DATASET CONTENT START
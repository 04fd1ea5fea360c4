-- ===== src/Auth/Tests.antt =====
-- A user who registers, logs in again, and refreshes.
use holdem.Prelude.{◌≡◌, ◌≢◌, refl, sym, true, false, none, some, List, [], ◌∷◌, ◌++◌, Outcome, ok}
use holdem.Prelude.Text.{
  Bytes, bytes_eq, bytes_eq_iff, is_empty, trim_space, trim_left, trim_right, is_space, to_lower,
  lower_byte,
}
use holdem.Prelude.Ascii.{ascii}
use holdem.Auth.{User, RefreshSession, Db, Env, empty_db}
use holdem.Auth.Repository.{
  create_user, create_refresh_session, find_refresh_session, find_user_by_id,
  find_user_with_password_by_email, rotate_tx, rotate_refresh_session, session_refused, has_user_id,
}
use holdem.Auth.Service.{
  Library, AuthResult, register, login, live_session, refresh, reissue, issue_session,
  is_valid_email, contains_at, starts_with_at, ends_with_at, is_admin_email, normalize_email,
  new_id, new_token, publish_user,
}
use holdem.Auth.Refreshing.{Refreshed, refresh-Refreshed}
use holdem.Auth.Registered.{Registered, register-Registered, login-register}
use holdem.Auth.Race.{session_for, both_refresh}
use holdem.Auth.Reachable.{
  Reach, here, next, registers, logs_in, refreshes, called, Accounts, refreshed, Ended-refused,
  Reach-Accounts,
}
use holdem.Database
use holdem.Database.Inversion.{ok_value}
use holdem.Database.{IsHealthy, find_row, return, query, exec, insert_row, with_tx}

abbrev tally : List RefreshSession → Bytes
tally [] = []
tally (s ∷ rest) = b'1' ∷ tally rest

-- every statement works; an id has a byte for each session
abbrev calm : Env
calm = record {
  fails = λ s db. false;
  begin_fails = λ db. false;
  commit_fails = λ db. false;
  now = 100;
  new_id = λ p db. tally db.sessions;
}

calm-IsHealthy : IsHealthy calm
calm-IsHealthy = record { runs = λ s db. refl; begins = λ db. refl; commits = λ db. refl }

-- a hash is its text, and a token counts the sessions
abbrev plain : Library
plain = record {
  issue_access_token = λ u admin. ok u;
  new_refresh_token =
      λ db. ok (ascii "t" ++ tally db.sessions, (ascii "t" ++ tally db.sessions, 200));
  hash_refresh_token = λ t. t;
  hash_password = λ p. ok p;
  check_password = bytes_eq;
}

abbrev secret : Bytes
secret = ascii "12345678"

abbrev admins : List Bytes
admins = ascii "ann@x" ∷ []

abbrev ann : User
ann = record { id = []; email = ascii "ann@x"; is_admin = true; created_at = 100 }

abbrev first_session : RefreshSession
first_session = record {
  id = [];
  user_id = [];
  token_hash = ascii "t";
  expires_at = 200;
  revoked_at = none;
}

abbrev signed_up : AuthResult
signed_up = record { access_token = []; refresh_token = ascii "t"; user = ann }

registers_ann : (register plain calm admins true (ascii " Ann@X") secret empty_db).0 ≡ ok signed_up
unfolding register is_valid_email contains_at starts_with_at ends_with_at is_admin_email
    normalize_email new_id new_token publish_user issue_session create_user create_refresh_session
    with_tx Database.◌>>=◌ return query exec insert_row bytes_eq is_empty trim_space trim_left
    trim_right is_space to_lower lower_byte
registers_ann = refl

abbrev after_sign_up : Db
after_sign_up = called (register plain calm admins true (ascii " Ann@X") secret) empty_db

register-Registered_example :
    Registered plain admins (ascii " Ann@X") secret empty_db ann after_sign_up
register-Registered_example =
    register-Registered plain calm admins true (ascii " Ann@X") secret empty_db signed_up
      registers_ann

same_email : normalize_email (ascii "ANN@x") ≡ normalize_email (ascii " Ann@X")
unfolding normalize_email is_empty trim_space trim_left trim_right is_space to_lower lower_byte
same_email = refl

checks_plain : (hash : Bytes) → Outcome.ok secret ≡ ok hash → bytes_eq hash secret ≡ true
checks_plain hash h = (bytes_eq_iff hash secret).1 (sym (ok_value h))

login-register_example :
    login plain calm (ascii "ANN@x") secret after_sign_up
    ≡ issue_session plain calm ann after_sign_up
login-register_example =
    login-register plain calm calm admins true (ascii " Ann@X") (ascii "ANN@x") secret empty_db
      signed_up calm-IsHealthy checks_plain same_email registers_ann

abbrev renewed : AuthResult
renewed = record { access_token = []; refresh_token = ascii "t1"; user = ann }

refreshes_ann : (refresh plain calm (ascii "t") after_sign_up).0 ≡ ok renewed
unfolding register is_valid_email contains_at starts_with_at ends_with_at is_admin_email
    normalize_email new_id new_token publish_user issue_session create_user create_refresh_session
    refresh live_session reissue find_refresh_session find_user_by_id rotate_tx
    rotate_refresh_session with_tx Database.◌>>=◌ return query exec insert_row bytes_eq is_empty
    trim_space trim_left trim_right is_space to_lower lower_byte
refreshes_ann = refl

refresh-Refreshed_example :
    Refreshed plain calm
      (ascii "t")
      after_sign_up
      renewed
      (called (refresh plain calm (ascii "t")) after_sign_up)
refresh-Refreshed_example =
    refresh-Refreshed plain calm (ascii "t") after_sign_up renewed refreshes_ann

signs_up : Reach admins empty_db after_sign_up
signs_up = next here (registers plain calm true (ascii " Ann@X") secret)

Reach-Accounts_example : Accounts admins after_sign_up
Reach-Accounts_example = Reach-Accounts admins after_sign_up signs_up

reads_session : (live_session plain calm (ascii "t") after_sign_up).0 ≡ ok first_session
unfolding register is_valid_email contains_at starts_with_at ends_with_at is_admin_email
    normalize_email new_id new_token publish_user issue_session create_user create_refresh_session
    live_session find_refresh_session with_tx Database.◌>>=◌ return query exec insert_row bytes_eq
    is_empty trim_space trim_left trim_right is_space to_lower lower_byte
reads_session = refl

-- ann logs in between the check and the end of the refresh
abbrev logged_in : Db
logged_in = called (login plain calm (ascii "ann@x") secret) after_sign_up

abbrev renewed_later : AuthResult
renewed_later = record { access_token = []; refresh_token = ascii "t11"; user = ann }

ends_later : (reissue plain calm first_session ann logged_in).0 ≡ ok renewed_later
unfolding register is_valid_email contains_at starts_with_at ends_with_at is_admin_email
    normalize_email new_id new_token publish_user issue_session create_user create_refresh_session
    login find_user_with_password_by_email reissue rotate_tx rotate_refresh_session with_tx
    Database.◌>>=◌ return query exec insert_row bytes_eq is_empty trim_space trim_left trim_right
    is_space to_lower lower_byte
ends_later = refl

abbrev after_refresh : Db
after_refresh = called (reissue plain calm first_session ann) logged_in

abbrev much_later : Db
much_later = called (refresh plain calm (ascii "t11")) after_refresh

Ended-refused_example :
    ((live_session plain calm (ascii "t") much_later).0 ≢ ok first_session)
    × ((refresh plain calm (ascii "t") much_later).0 ≢ ok renewed)
Ended-refused_example =
    Ended-refused admins plain (ascii "t") after_refresh much_later
      (refreshed calm calm first_session ann renewed_later signs_up reads_session
        (next here (logs_in plain calm (ascii "ann@x") secret)) ends_later)
      (next here (refreshes plain calm (ascii "t11"))) calm first_session renewed

fresh_id :
    session_refused
      (session_for calm ann (ascii "t1", (ascii "t1", 200)) after_sign_up)
      after_sign_up
    ≡ false
unfolding register is_valid_email contains_at starts_with_at ends_with_at is_admin_email
    normalize_email new_id new_token publish_user issue_session create_user create_refresh_session
    with_tx Database.◌>>=◌ return query exec insert_row bytes_eq is_empty trim_space trim_left
    trim_right is_space to_lower lower_byte
fresh_id = refl

ann_is_there : find_row (has_user_id []) after_sign_up.users ≡ some ann
unfolding register is_valid_email contains_at starts_with_at ends_with_at is_admin_email
    normalize_email new_id new_token publish_user issue_session create_user create_refresh_session
    with_tx Database.◌>>=◌ return query exec insert_row bytes_eq is_empty trim_space trim_left
    trim_right is_space to_lower lower_byte
ann_is_there = refl

makes_first : plain.new_refresh_token after_sign_up ≡ ok (ascii "t1", (ascii "t1", 200))
unfolding register is_valid_email contains_at starts_with_at ends_with_at is_admin_email
    normalize_email new_id new_token publish_user issue_session create_user create_refresh_session
    with_tx Database.◌>>=◌ return query exec insert_row bytes_eq is_empty trim_space trim_left
    trim_right is_space to_lower lower_byte
makes_first = refl

abbrev after_first : Db
after_first = called (refresh plain calm (ascii "t")) after_sign_up

makes_second : plain.new_refresh_token after_first ≡ ok (ascii "t11", (ascii "t11", 200))
unfolding register is_valid_email contains_at starts_with_at ends_with_at is_admin_email
    normalize_email new_id new_token publish_user issue_session create_user create_refresh_session
    refresh live_session reissue find_refresh_session find_user_by_id rotate_tx
    rotate_refresh_session with_tx Database.◌>>=◌ return query exec insert_row bytes_eq is_empty
    trim_space trim_left trim_right is_space to_lower lower_byte
makes_second = refl

fresh_second :
    session_refused (session_for calm ann (ascii "t11", (ascii "t11", 200)) after_first) after_first
    ≡ false
unfolding register is_valid_email contains_at starts_with_at ends_with_at is_admin_email
    normalize_email new_id new_token publish_user issue_session create_user create_refresh_session
    refresh live_session reissue find_refresh_session find_user_by_id rotate_tx
    rotate_refresh_session with_tx Database.◌>>=◌ return query exec insert_row bytes_eq is_empty
    trim_space trim_left trim_right is_space to_lower lower_byte
fresh_second = refl

both_refresh_example :
    ((refresh plain calm (ascii "t") after_sign_up).0 ≡ ok renewed)
    × ((reissue plain calm first_session ann after_first).0 ≡ ok renewed_later)
    × (older : List RefreshSession) × ((reissue plain calm first_session ann after_first).1.sessions
        ≡ session_for calm ann (ascii "t11", (ascii "t11", 200)) after_first
          ∷ session_for calm ann (ascii "t1", (ascii "t1", 200)) after_sign_up
          ∷ older)
both_refresh_example =
    both_refresh plain calm calm (ascii "t") after_sign_up first_session ann []
      (ascii "t1", (ascii "t1", 200)) (ascii "t11", (ascii "t11", 200)) calm-IsHealthy
      calm-IsHealthy reads_session ann_is_there refl makes_first fresh_id makes_second fresh_second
DATASET CONTENT END
— ASSIGNMENT —
Both the line containing "ends_later : (reissue" and the line containing "abbrev much_later : Db" belong in the answer. Print them and every line above that falls between them exactly, and no others.

— ANSWER BOX —
ends_later : (reissue plain calm first_session ann logged_in).0 ≡ ok renewed_later
unfolding register is_valid_email contains_at starts_with_at ends_with_at is_admin_email
    normalize_email new_id new_token publish_user issue_session create_user create_refresh_session
    login find_user_with_password_by_email reissue rotate_tx rotate_refresh_session with_tx
    Database.◌>>=◌ return query exec insert_row bytes_eq is_empty trim_space trim_left trim_right
    is_space to_lower lower_byte
ends_later = refl

abbrev after_refresh : Db
after_refresh = called (reissue plain calm first_session ann) logged_in

abbrev much_later : Db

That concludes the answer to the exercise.